Jakarta, Gatra.com – Petani cabai akhir-akhir ini kelimpungan. Penyebabnya, permintaan akan cabai beberapa waktu terakhir menurun dan menekan harganya dan merugikan petani cabai. Apalagi, petani baru saja memasuki masa panen.
Menurut Peneliti Center for Indonesia Policy Studies (CIPS) Arumdriya Murwani hal seperti itu sebenarnya dapat dicegah. Salah satunya dengan mengembangkan cold chain atau rantai dingin yang dapat menjaga kestabilan suhu komoditas.
“Penggunaan rantai dingin dapat membantu petani dalam menjaga hasil panennya. Berkurangnya permintaan cabai sangat mungkin disebabkan oleh Pemberlakuan Pembatasan Kegiatan Masyarakat (PPKM) yang membatasi kegiatan operasional rumah makan, restoran dan juga menurunnya daya beli sebagian kalangan masyarakat akibat pandemi Covid-19,” kata Arumdriya Murwani, Selasa (31/8).

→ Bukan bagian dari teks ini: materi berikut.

-- ===== src/Memory/Balance.antt =====
-- The receivers and the buffer of main are freed as they are allocated.
use edysquelch.Prelude.{
  ℕ, ◌+◌, ◌*◌, ◌≡◌, refl, Bool, true, false, Option, none, some, arith, if◌then◌else◌,
}
use edysquelch.Memory.{Heap, runs, ◌>>=◌, Allocator, hmalloc, hfree}
use edysquelch.Memory.Safety.{
  Safe, Safe->>=, points, count, is_static, Exactly, hfree-Exactly, hmalloc-Exactly,
}
use edysquelch.Memory.Objects.{
  Sizes, float_size, short_size, FilterBlocks, ReceiverBlocks, SoundBlocks, filter_free,
  free_receiver, free_sound, filter_init_heap, init_receiver_heap, init_sound,
}
use edysquelch.Cfg.{SoundChannels, is_mono}
use edysquelch.Receiver.Run.{coeffs_l}

-- How often a structure's pointers are the address of a block.
abbrev pub filter_points : Option FilterBlocks → ℕ → ℕ
filter_points none b = 0
filter_points (some x) b = points x.taps b + points x.f b

abbrev pub receiver_points : Option ReceiverBlocks → ℕ → ℕ
receiver_points none b = 0
receiver_points (some x) b =
    filter_points x.filter_sql b + filter_points x.filter_txid b + points x.rx b

-- None of a structure's pointers is static.
abbrev pub PlainFilter : Option FilterBlocks → Type 0
PlainFilter none = Unit
PlainFilter (some x) = (is_static x.taps ≡ false) × (is_static x.f ≡ false)

abbrev pub PlainReceiver : Option ReceiverBlocks → Type 0
PlainReceiver none = Unit
PlainReceiver (some x) =
    PlainFilter x.filter_sql × PlainFilter x.filter_txid × (is_static x.rx ≡ false)

filter_free-Exactly :
    (x : Option FilterBlocks) (h : Heap) (rest : ℕ → ℕ)
    → PlainFilter x
    → Exactly (λ b. filter_points x b + rest b) h
    → Safe (Exactly rest) (filter_free x h)
unfolding filter_free
filter_free-Exactly none h rest plain owns = λ b. omega (arith, owns b)
filter_free-Exactly (some x) h rest (taps, f) owns =
    Safe->>= _ _ (hfree x.taps h) _
      (hfree-Exactly x.taps h (λ b. points x.f b + rest b) taps (λ b. omega (arith, owns b)))
      λ h1 owns1. hfree-Exactly x.f h1 rest f owns1

free_receiver-Exactly :
    (x : Option ReceiverBlocks) (h : Heap) (rest : ℕ → ℕ)
    → PlainReceiver x
    → Exactly (λ b. receiver_points x b + rest b) h
    → Safe (Exactly rest) (free_receiver x h)
unfolding free_receiver
free_receiver-Exactly none h rest plain owns = λ b. omega (arith, owns b)
free_receiver-Exactly (some x) h rest (sql, txid, rx) owns =
    let r2 : ℕ → ℕ = λ b. points x.rx b + rest b in
    let r1 : ℕ → ℕ = λ b. filter_points x.filter_txid b + r2 b in
    Safe->>= _ _ (filter_free x.filter_sql h) _
      (filter_free-Exactly x.filter_sql h r1 sql (λ b. omega (arith, owns b)))
      λ h1 owns1.
        Safe->>= _ _ (filter_free x.filter_txid h1) _
          (filter_free-Exactly x.filter_txid h1 r2 txid owns1)
          λ h2 owns2. hfree-Exactly x.rx h2 rest rx owns2

abbrev pub sound_points : SoundBlocks → ℕ → ℕ
sound_points x b = points x.buffer b + receiver_points x.rx_a b + receiver_points x.rx_b b

abbrev pub PlainSound : SoundBlocks → Type 0
PlainSound x = PlainReceiver x.rx_a × PlainReceiver x.rx_b × (is_static x.buffer ≡ false)

pub free_all-Exactly :
    (x : SoundBlocks) (h : Heap) (rest : ℕ → ℕ)
    → PlainSound x
    → Exactly (λ b. sound_points x b + rest b) h
    → Safe (Exactly rest) (free_sound x h)
unfolding free_sound
free_all-Exactly x h rest (plain_a, plain_b, plain) owns =
    let r2 : ℕ → ℕ = λ b. receiver_points x.rx_b b + rest b in
    Safe->>= _ _ (hfree x.buffer h) _
      (hfree-Exactly x.buffer h (λ b. receiver_points x.rx_a b + r2 b) plain
        (λ b. omega (arith, owns b)))
      λ h1 owns1.
        Safe->>= _ _ (free_receiver x.rx_a h1) _ (free_receiver-Exactly x.rx_a h1 r2 plain_a owns1)
          λ h2 owns2. free_receiver-Exactly x.rx_b h2 rest plain_b owns2

module _ (malloc : Allocator) (sizes : Sizes) where
  filter_init-Exactly :
      (len : ℕ) (h : Heap)
      → Safe
          (λ r. PlainFilter r.0 × Exactly (λ b. filter_points r.0 b + count h.live b) r.1)
          (filter_init_heap malloc sizes len h)
  unfolding filter_init_heap
  filter_init-Exactly len h =
      Safe->>= _ _ (hmalloc malloc sizes.of_filter h) _ (hmalloc-Exactly malloc sizes.of_filter h)
        λ r given.
          Safe->>= _ _ (hmalloc malloc (len * float_size) r.1) _
            (hmalloc-Exactly malloc (len * float_size) r.1)
            λ t more. ((refl, refl), λ b. omega (arith, given.0 b, more.0 b))

  init_receiver-Exactly :
      (h : Heap)
      → Safe
          (λ r. PlainReceiver r.0 × Exactly (λ b. receiver_points r.0 b + count h.live b) r.1)
          (init_receiver_heap malloc sizes h)
  unfolding init_receiver_heap
  init_receiver-Exactly h =
      Safe->>= _ _ (hmalloc malloc sizes.of_receiver h) _
        (hmalloc-Exactly malloc sizes.of_receiver h)
        λ r given.
          Safe->>= _ _ (filter_init_heap malloc sizes coeffs_l r.1) _
            (filter_init-Exactly coeffs_l r.1)
            λ s (sql, more).
              Safe->>= _ _ (filter_init_heap malloc sizes coeffs_l s.1) _
                (filter_init-Exactly coeffs_l s.1)
                λ t (txid, most). ((sql, txid, refl), λ b. omega (arith, given.0 b, more b, most b))

  optional-Exactly :
      (one : Bool) (h : Heap)
      → Safe
          (λ r. PlainReceiver r.0 × Exactly (λ b. receiver_points r.0 b + count h.live b) r.1)
          (if one then runs (none, h) else init_receiver_heap malloc sizes h)
  optional-Exactly true h = (tt, λ b. omega arith)
  optional-Exactly false h = init_receiver-Exactly h

  pub init_sound-Exactly :
      (channels : SoundChannels) (buffer_l : ℕ) (h : Heap)
      → Safe
          (λ r. PlainSound r.0 × Exactly (λ b. sound_points r.0 b + count h.live b) r.1)
          (init_sound malloc sizes channels buffer_l h)
  unfolding init_sound
  init_sound-Exactly channels buffer_l h =
      let size = buffer_l * short_size * (if is_mono channels then 1 else 2) in
      Safe->>= _ _ (init_receiver_heap malloc sizes h) _ (init_receiver-Exactly h)
        λ a (plain_a, first).
          Safe->>= _ _
            (if is_mono channels then runs (none, a.1) else init_receiver_heap malloc sizes a.1) _
            (optional-Exactly (is_mono channels) a.1)
            λ b (plain_b, second).
              Safe->>= _ _ (hmalloc malloc size b.1) _ (hmalloc-Exactly malloc size b.1) λ c third.
                ((plain_a, plain_b, refl), λ n. omega (arith, first n, second n, third.0 n))

  -- The receivers and the buffer that main sets up, freed behind its loop: for any channels and any
  -- length of the buffer, nothing is freed that is not allocated, and exactly the blocks that were
  -- allocated in front are allocated behind, wherever no allocation fails.
  pub free_sound-Exactly :
      (channels : SoundChannels) (buffer_l : ℕ) (h : Heap)
      → Safe
          (Exactly (count h.live))
          (init_sound malloc sizes channels buffer_l h >>= λ r. free_sound r.0 r.1)
  free_sound-Exactly channels buffer_l h =
      Safe->>= _ _ (init_sound malloc sizes channels buffer_l h) _
        (init_sound-Exactly channels buffer_l h)
        λ r (plain, owns). free_all-Exactly r.0 r.1 (count h.live) plain owns
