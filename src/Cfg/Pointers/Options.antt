-- ===== src/Cfg/Pointers/Options.antt =====
-- An option of the command line loses one block at most.
use edysquelch.Prelude.{
  ℕ, ◌+◌, ◌≤◌, ◌≡◌, subst, List, [], ◌∷◌, arith, ◌==◌, length, Bytes, Outcome, done, halted,
}
use edysquelch.Memory.{Pointer, Heap, Allocator}
use edysquelch.Memory.Safety.{Safe, Safe->>=, Safe-weaken, if-Safe}
use edysquelch.Cfg.CommandLine.{Settings, parse_cmdline}
use edysquelch.Cfg.Pointers.{
  Variables, State, unless_exits, assign, take_option_heap, take_options_heap, parse_cmdline_heap,
}
use edysquelch.Cfg.Pointers.Owners.{
  IsPlain, Owned, Settable, cfgfile-Settable, log_dir-Settable, logname-Settable,
  sound_in_file-Settable, sound_out_file-Settable, assign-Owned,
}

-- The blocks are owned, with at most so many lost.
abbrev pub OwnedBut : (Pointer → Type 0) → ℕ → State → Type 0
OwnedBut D n s = (lost : List Pointer) × (length lost ≤ n) × Owned D lost s

module _ (malloc : Allocator) where
  -- A variable set by an option: what it pointed at before is lost.
  pub option-Owned :
      {D : Pointer → Type 0} {v : Variables} {dest : Pointer} {place : Pointer → Variables} (n : ℕ)
      (arg : Bytes) (h : Heap)
      → Settable D v dest place
      → OwnedBut D n (v, h)
      → Safe (OwnedBut D (n + 1)) (assign malloc place arg h)
  option-Owned {dest = dest} {place = place} n arg h var (lost, few, (kinds, owns)) =
      Safe-weaken _ _ (assign malloc place arg h)
        (assign-Owned malloc arg h (dest ∷ lost) var (λ b. omega (arith, var.keeps b, owns b)))
        λ state owned. (dest ∷ lost, omega arith, owned)

  pub OwnedBut-more : (n : ℕ) (s : State) → OwnedBut IsPlain n s → OwnedBut IsPlain (n + 1) s
  OwnedBut-more n s (lost, few, owned) = (lost, omega arith, owned)

  take_option_heap-Owned :
      (n c : ℕ) (arg : Bytes) (state : State)
      → OwnedBut IsPlain n state
      → Safe (OwnedBut IsPlain (n + 1)) (take_option_heap malloc c arg state)
  unfolding take_option_heap
  take_option_heap-Owned n c arg (v, h) owned =
      let kinds = owned.2.0 in
      if-Safe _ (c == b'c') _ _ (option-Owned n arg h (cfgfile-Settable v kinds) owned) (
        if-Safe _ (c == b'n') _ _ (option-Owned n arg h (logname-Settable v kinds) owned) (
          if-Safe _ (c == b'r') _ _ (option-Owned n arg h (log_dir-Settable v kinds) owned) (
            if-Safe _ (c == b'l') _ _ (option-Owned n arg h (sound_in_file-Settable v kinds) owned)
              (if-Safe _ (c == b's') _ _
                (option-Owned n arg h (sound_out_file-Settable v kinds) owned)
                (OwnedBut-more n (v, h) owned)))))

  take_options_heap-Owned :
      (opts : List (ℕ × Bytes)) (n : ℕ) (state : State)
      → OwnedBut IsPlain n state
      → Safe (OwnedBut IsPlain (n + length opts)) (take_options_heap malloc opts state)
  unfolding take_options_heap
  take_options_heap-Owned [] n state (lost, few, owned) = (lost, omega arith, owned)
  take_options_heap-Owned ((c, arg) ∷ opts) n state owned =
      let e : n + 1 + length opts ≡ n + length ((c, arg) ∷ opts) = omega arith in
      Safe->>= _ _ (take_option_heap malloc c arg state) _
        (take_option_heap-Owned n c arg state owned)
        λ after kept.
          subst (λ m. Safe (OwnedBut IsPlain m) (take_options_heap malloc opts after)) e
            (take_options_heap-Owned opts (n + 1) after kept)

  parsed-Owned :
      (parsed : Outcome Settings) (n : ℕ) (state : State)
      → OwnedBut IsPlain n state
      → Safe (OwnedBut IsPlain n) (unless_exits parsed state)
  parsed-Owned (done s) n state owned = owned
  parsed-Owned (halted x) n state owned = tt

  pub parse_cmdline_heap-Owned :
      (opts : List (ℕ × Bytes)) (settings : Settings) (state : State)
      → OwnedBut IsPlain 0 state
      → Safe (OwnedBut IsPlain (length opts)) (parse_cmdline_heap malloc opts settings state)
  unfolding parse_cmdline_heap
  parse_cmdline_heap-Owned opts settings state owned =
      let e : 0 + length opts ≡ length opts = omega arith in
      Safe->>= _ _ (take_options_heap malloc opts state) _
        (subst (λ m. Safe (OwnedBut IsPlain m) (take_options_heap malloc opts state)) e
          (take_options_heap-Owned opts 0 state owned))
        (parsed-Owned (parse_cmdline opts settings) (length opts))
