-- ===== src/Cfg/Pointers/Leaving.antt =====
-- read_config and free_config free nothing twice and nothing static, and leave little.
use edysquelch.Prelude.{ℕ, ◌≤◌, ◌≡◌, true, List, length, ℤ, is_zero}
use edysquelch.Memory.{Pointer, Heap, Allocator}
use edysquelch.Memory.Safety.{Exactly}
use edysquelch.Cfg.Pointers.{State}
use edysquelch.Cfg.Pointers.Owners.{points_all}
use edysquelch.Cfg.Pointers.Freeing.{Done}

abbrev Completed : ℕ → State → Type 0
Completed n s = (lost : List Pointer) × (length lost ≤ n) × Done lost s

-- At most so many pointers are the addresses of all blocks that are left.
abbrev pub Leaves : ℕ → Heap → Type 0
Leaves n h = (left : List Pointer) × (length left ≤ n) × Exactly (points_all left) h

module _ (malloc : Allocator) where
  -- Where read_config returned 0, the configuration is completed.
  abbrev IsRead : ℕ → State × ℤ → Type 0
  IsRead n (state, ret) = (is_zero ret ≡ true) → Completed n state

Sistem rantai dingin adalah jenis rantai suplai yang penggunaannya bertujuan untuk menjaga suhu agar produk tetap terjaga selama proses distribusi. Pengembangan sistem ini secara komprehensif dapat membantu menjaga kualitas hasil panen dimulai dari pengangkutan, penyimpanan dan penjualan.
Harga cabai biasanya fluktuatif mengikuti masa panen yang biasanya terjadi enam kali dalam setahun. Menurut Anwarudin, Sayekti, Marendra, & Hilman (2015) harga tinggi umumnya terjadi pada jeda antara masa tanam yaitu di bulan November – Februari. Namun, anjloknya harga juga bisa terjadi saat terjadi surplus pasokan pada masa panen raya.
“Surplus stok di pasar menyebabkan harga anjlok dan merugikan petani cabai. Sebaliknya, ketika musim tanam sudah lewat dan produksi tidak stabil, tidak ada stok yang dapat digunakan untuk menstabilkan harga cabai di pasaran. Akibatnya, harga cabai melonjak naik sehingga merugikan konsumen,” tambahnya.
Dengan sistem penyimpanan yang modern dan infrastruktur rantai dingin yang memadai, masa simpan cabai dapat diperpanjang dan dengan demikian dapat membantu menstabilkan harga di pasaran. Selain menjaga kesegaran, penggunaan sistem penyimpanan yang modern dapat membantu indonesia mengurangi tingkat kehilangan makanan (food loss) dalam proses distribusi pangan.
Sayangnya, kapasitas sistem penyimpanan dan lemari pendingin di Indonesia belum memadai untuk menjawab kebutuhan pasar sehingga mengakibatkan masih tingginya tingkat limbah pangan, sekaligus berkontribusi kepada fluktuasi harga pangan di masyarakat.
Stok cabai yang melimpah di masa panen raya harus langsung dijual, karena kapasitas penyimpanan saat ini hanya mampu mempertahankan kesegaran cabai selama 30 hari.
“Pemerintah perlu mempertimbangkan untuk berinvestasi pada lemari pendingin yang modern untuk memperpanjang masa simpan stok cabai rawit,” jelas Arum
Pengembangan dan adaptasi teknologi pendingin dalam sistem distribusi Indonesia membutuhkan peran aktif dan kolaborasi dari pemerintah, swasta dan masyarakat karena pengelolaan rantai dingin membutuhkan sumber daya manusia yang memahami metode pemeliharaan infrastruktur rantai dingin dan bisa memastikan cara penyimpanan setiap komoditas sudah sesuai dengan karakteristiknya.
Harga pangan yang fluktuatif, tidak hanya pada cabai, menunjukkan faktor penyimpanan pangan masih terlupakan dalam wacana ketahanan pangan. Pemerintah, swasta dan masyarakat dapat bersinergi dalam pengembangkan infrastruktur dan teknologi lemari pendingin ini.